In this article i’ll put some basic information about Elasticsearch, and what you should know about it
Node, index, shards, replicas…Lets start
Elasticsearch – it’s a open-source project, search engine, real time search platform and NoSQL database. In this case you should know difference between SQL and NoSQL databases. Major difference:
- SQL it’s a Relational database, NoSQL primarily a non-relational or distributed DB
- Also SQL vertically scalable DB scale increasing power of hardware , NoSQL horizontal scalable DB, scaling increasing number of servers
- DB SQL bases on table view with predefined schema, NoSQL are document based with key-value pairs.
Cluster – it’s a collection of one or more nodes(basically it’s your VMs/servers), where located your data. Cluster have own name, and using this name you can connect additional nodes to your cluster. By default cluster named ‘elasticsearch’.
Node – its can be virtual machine, or your server, that stored your data, and working in searching process. When you started a node, to node assigned a random Universally Unique Identifier (UUID). This Id very important when you want to add some policy or logic in Elasticsearch work.
Index – it’s collection of documents (basically your data) that grouped by some logic, for example product catalog, users information, logs of your build process etc. Your index name should be lowercase, it’s requirement of Elasticsearch. Also you’ll be use this name when writing requests to data, like update, delete, modify data.
Document – basically it’s your data, that stored in JSON format.
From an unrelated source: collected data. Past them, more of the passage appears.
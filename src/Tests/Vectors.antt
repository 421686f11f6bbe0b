-- ===== src/Tests/Vectors.antt =====
-- A vector of two numbers of four bytes, and an allocator that has room for eight.
use retif.Common.{
  ℕ, ◌+◌, ◌*◌, ◌-◌, ◌^◌, ◌<◌, Bool, true, some, none, [], ◌∷◌, leb, ◌==◌, ◌≡◌, refl, arith,
}
use retif.Vector.{Vector, vector_push_back, vector_insert_multi, vector_reserve}
use retif.Vector.Elements.{IsValid}
use retif.Vector.Insertion.{Appended, vector_push_back-Appended}
use retif.Vector.Middle.{vector_insert_multi-faults}
use retif.Vector.Erasure.{Erased, Popped, vector_erase_multi-Erased, vector_pop_back-push_back}
use retif.Tests.Data.{got}

abbrev vector : Vector ℕ
vector = record { capacity = 2; item_size = 4; size = 2; cells = λ i. i + 10 }

abbrev grant : ℕ → Bool
grant n = leb n 8

vector-IsValid : IsValid vector
vector-IsValid = record { has_size = omega arith; fits = omega arith; small = omega arith }

small : (m : ℕ) → grant m ≡ true → m * 4 < 2 ^ 63
small m h = ground arith

push_back_example : Appended vector (7 ∷ []) (vector_push_back grant vector 7)
push_back_example = vector_push_back-Appended grant vector 7 vector-IsValid small (omega arith)

reserved_test : ((vector_reserve grant vector (2 + (1 - 0))).0 == 0) ≡ true
unfolding vector_reserve
reserved_test = refl

insert_multi_example : vector_insert_multi grant vector 0 (λ i. 7) 0 1 ≡ none
insert_multi_example =
    vector_insert_multi-faults grant vector 0 (λ i. 7) 0 1 vector-IsValid small (omega arith)
      (omega arith) (omega arith) reserved_test

erase_multi_example : Erased vector 0 1
erase_multi_example =
    vector_erase_multi-Erased vector 0 1 vector-IsValid (omega arith) (omega arith)

abbrev pushed : ℕ × Vector ℕ
pushed = got (vector_push_back grant vector 7) (1, vector)

pushed-run : vector_push_back grant vector 7 ≡ some (0, pushed.1)
unfolding vector_push_back
pushed-run = refl

pop_back_example : Popped pushed.1 7 (10 ∷ 11 ∷ [])
pop_back_example =
    vector_pop_back-push_back grant vector pushed.1 7 vector-IsValid small (omega arith) pushed-run
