-- ===== src/Lib.antt =====
-- modvm, a virtual machine monitor in C: its core logic, modelled and verified.
--
-- A VM owns guest RAM and two I/O address spaces. Devices claim ranges of the I/O spaces and hold
-- what they acquire in resource pools, which a teardown releases in reverse. An access of the guest
-- is routed to the device that owns the range; the UART is such a device, with a console behind it.
--
-- What each file models:
--   ResPool    src/util/res_pool.c: `zalloc`, `add_action`, `add_action_or_reset`,
--              `transfer_action`, `cancel_action` and `release_all` are the `res_` functions of
--              these names on a pool (ResPool), its list of nodes in order of acquisition. A cleanup
--              function and its data are two numbers, the addresses.
--   Memory     src/core/memory.c: `find_region`, `map_chunk` and `map_range` on the list of RAM
--              regions (MemSpace), `space_init` and `space_destroy`.
--   AddRam     src/core/memory.c: `vm_add_ram`, on the part of the VM that it uses (VmCtx).
--   IoMap      src/core/io_map.c: registration, removal, relocation and the routing of reads and
--              writes, on the two lists of regions (IoMap).
--   Uart       src/hw/char/uart_16550a.c and uart_16550a_reg.h: the registers, the FIFOs, the backlog,
--              the interrupt line and the back-pressure on the console, on the state Uart. Calls that
--              leave the device, to the interrupt line, the console and the VM, are listed in its log.
--   Virtqueue  src/hw/virtio/virtqueue.c and virtqueue.h: the queue (Virtqueue), `virtqueue_pop` (pop, with
--              a chain VirtqueueChain), `virtqueue_map` (map_at), `virtqueue_read` and
--              `virtqueue_write` (copy), `virtqueue_push` and the set-up. The guest may write its rings
--              at any time, so each load of `virtqueue_pop` has a value of its own (Loads).
--   Virtio     src/hw/virtio/virtio.c and include/modvm/hw/virtio/virtio.h: the state of a device
--              (VirtioDevice) under `virtio_device_set_status_locked` (set_status),
--              `virtio_device_set_features_locked` (set_features), `virtio_device_realize_locked`
--              (realize) and the others; `get_features` returns the argument `offered`.
--   VirtioMmio src/hw/virtio/virtio_mmio.c: the registers of the transport (Mmio), `virtio_mmio_read`
--              (read) and `virtio_mmio_write` (write), over the device of Virtio. Calls that leave the
--              transport are listed, and the device's own handling of a kick is not part of a write.
--   VirtioBlk  src/hw/virtio/virtio_blk.c: `virtio_blk_notify_queue` (notify_queue of Kick, with `serve` from
--              the header of a request to its status and `complete` from there on), the features and
--              the configuration. What a header holds and what the backend returns are arguments.
--   Pci        src/hw/pci/pci.c and pio_bridge.c: `pci_device_set_irq_locked` (set_irq),
--              `pio_bridge_set_irq_cb` (bridge_set_irq) and the header of a device (write_header).
--              The bit sets of the bridge are functions. Pci/Config has
--              `pci_bus_read_config_locked` (read_config) and `pci_bus_write_config_locked`
--              (write_config) with the BARs, which move the regions of IoMap. Pci/Endpoint has
--              `pci_device_register_locked` (register_device), Pci/Register has
--              `pci_register_bar_locked` (register_bar), whose search of the window is in
--              Pci/Window (find_base), and Pci/Ports has `pio_bridge_read` and `pio_bridge_write`
--              (port_read, port_write). Pci/Session puts them in any order. A device is found by
--              its number, so a store through its pointer is a store to the device of that number.
--   Device     src/core/device.c: `device_alloc_locked` (alloc), `device_realize_locked` (realize),
--              `device_destroy_locked` (destroy) and `device_destroy_children` on the devices of a VM
--              (Machine); the callbacks of a class are a parameter (Callbacks).
--   Registry   src/core/device.c, accel.c, board.c and loader.c: the four registries by name.
--   IoCtx      src/io/ctx.c and binding.h: the work queue (IoCtx), the bindings (IoBinding) and what
--              each `io_ctx_` and `io_binding_` function does under its lock; `io_ctx_run` is in three
--              parts, `poll`, `run_take` and `run_finish`. IoCtx/System adds the owners, the
--              producers and the runner, and interleaves them.
--   Vm         src/core/vm.c: `vm_run` (run), `run_cleanup`, `vm_request_shutdown`
--              (request_shutdown) and `vm_report_error` (report_error) on the fields of the VM that
--              they use (Vm). The steps of other threads, and what hooks and threads return, are
--              arguments (Around). `vm_init` (Vm/Init) is a list of stages on the pool of ResPool;
--              what each allocation and hook returns is an argument (Supply). `vm_destroy`
--              (Vm/Destroy) is over the devices of Device and the pool. Vm/Recorded, Vm/Launched and
--              Vm/Reported list the errors of a run in the order of their recording, and Vm/Released
--              what a construction that succeeds owes, both apart from the code.
--   Prelude    what the parts share: tests on numbers, lists, rings, 64-bit words, bits, error
--              codes.
-- The children of a part hold its theorems and are named for what they prove; its Tests hold runs on
-- concrete states.
--
-- Conventions. Numbers are natural numbers; a machine word has its wrap-around written out, and a
-- theorem names the bound of a C type where it needs it. A pointer is its address, NULL is 0 or
-- `none`. An error code is its positive number, 0 is success; a call of code outside a part, as of an
-- allocator, an accelerator or a console, is an argument that says what it returns. The functions run
-- under the lock of the VM, so a call is one step. Warnings and messages are left out, and so are
-- tests of pointers that the model cannot make NULL.
--
-- Bounds. The loop of `release_all` has the number of nodes as fuel: a callback can remove nodes of
-- the pool but not add any while it is released. The loop of `rx_fifo_refill` has the count of the
-- backlog as fuel: each round takes one byte off it. `virtqueue_pop` has `queue_size + 1` rounds,
-- for it stops at a chain longer than the queue; the check of a buffer's pages and a copy have
-- their lengths, for a chunk has at least one byte. Destroying devices has one more round than
-- there are devices: each level and each sibling is a device less; so has the loop of `vm_destroy`.
-- The search for the place of a BAR has 2 ^ 32 + 1 rounds: each starts higher below 4 GiB.
-- The loop over the chunks of a block request has its length; the loop over the requests has one
-- list entry for each.
--
-- Not modelled: the hosts' services, backends and the KVM accelerator, which are system calls; the
-- command line and the log, which are text; the linked list of include/modvm/util/list.h, which is
-- a list here. The PCI transport of virtio, the network device, the removal of a PCI device and
-- the realization of its bridge, the board and the loading of an image have no model.
pub mod Prelude
pub mod ResPool
pub mod Memory
pub mod IoMap
pub mod AddRam
pub mod Uart
pub mod Virtqueue
pub mod Virtio
pub mod VirtioMmio
pub mod VirtioBlk
pub mod Pci
pub mod Device
pub mod Registry
pub mod IoCtx
pub mod Vm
It’s one record in your database. For example record about one object that have some properties like size, color, count.
Shards & Replicas – it’s a very interesting thing in Elasticsearch, when you have a lot of data, dozens of Gb, your hardware will be very limit. For example one index with billion of documents, that take 1Tb can be very slow for search request on single node. So as solution of this problem Elasticsearch provides the ability to subdivide index into multiple pieces called shards. You can easy define your number of shards when create index. Shard allow you:
- Horizontally scale and split you data
- Increase your high availability and better high tolerance.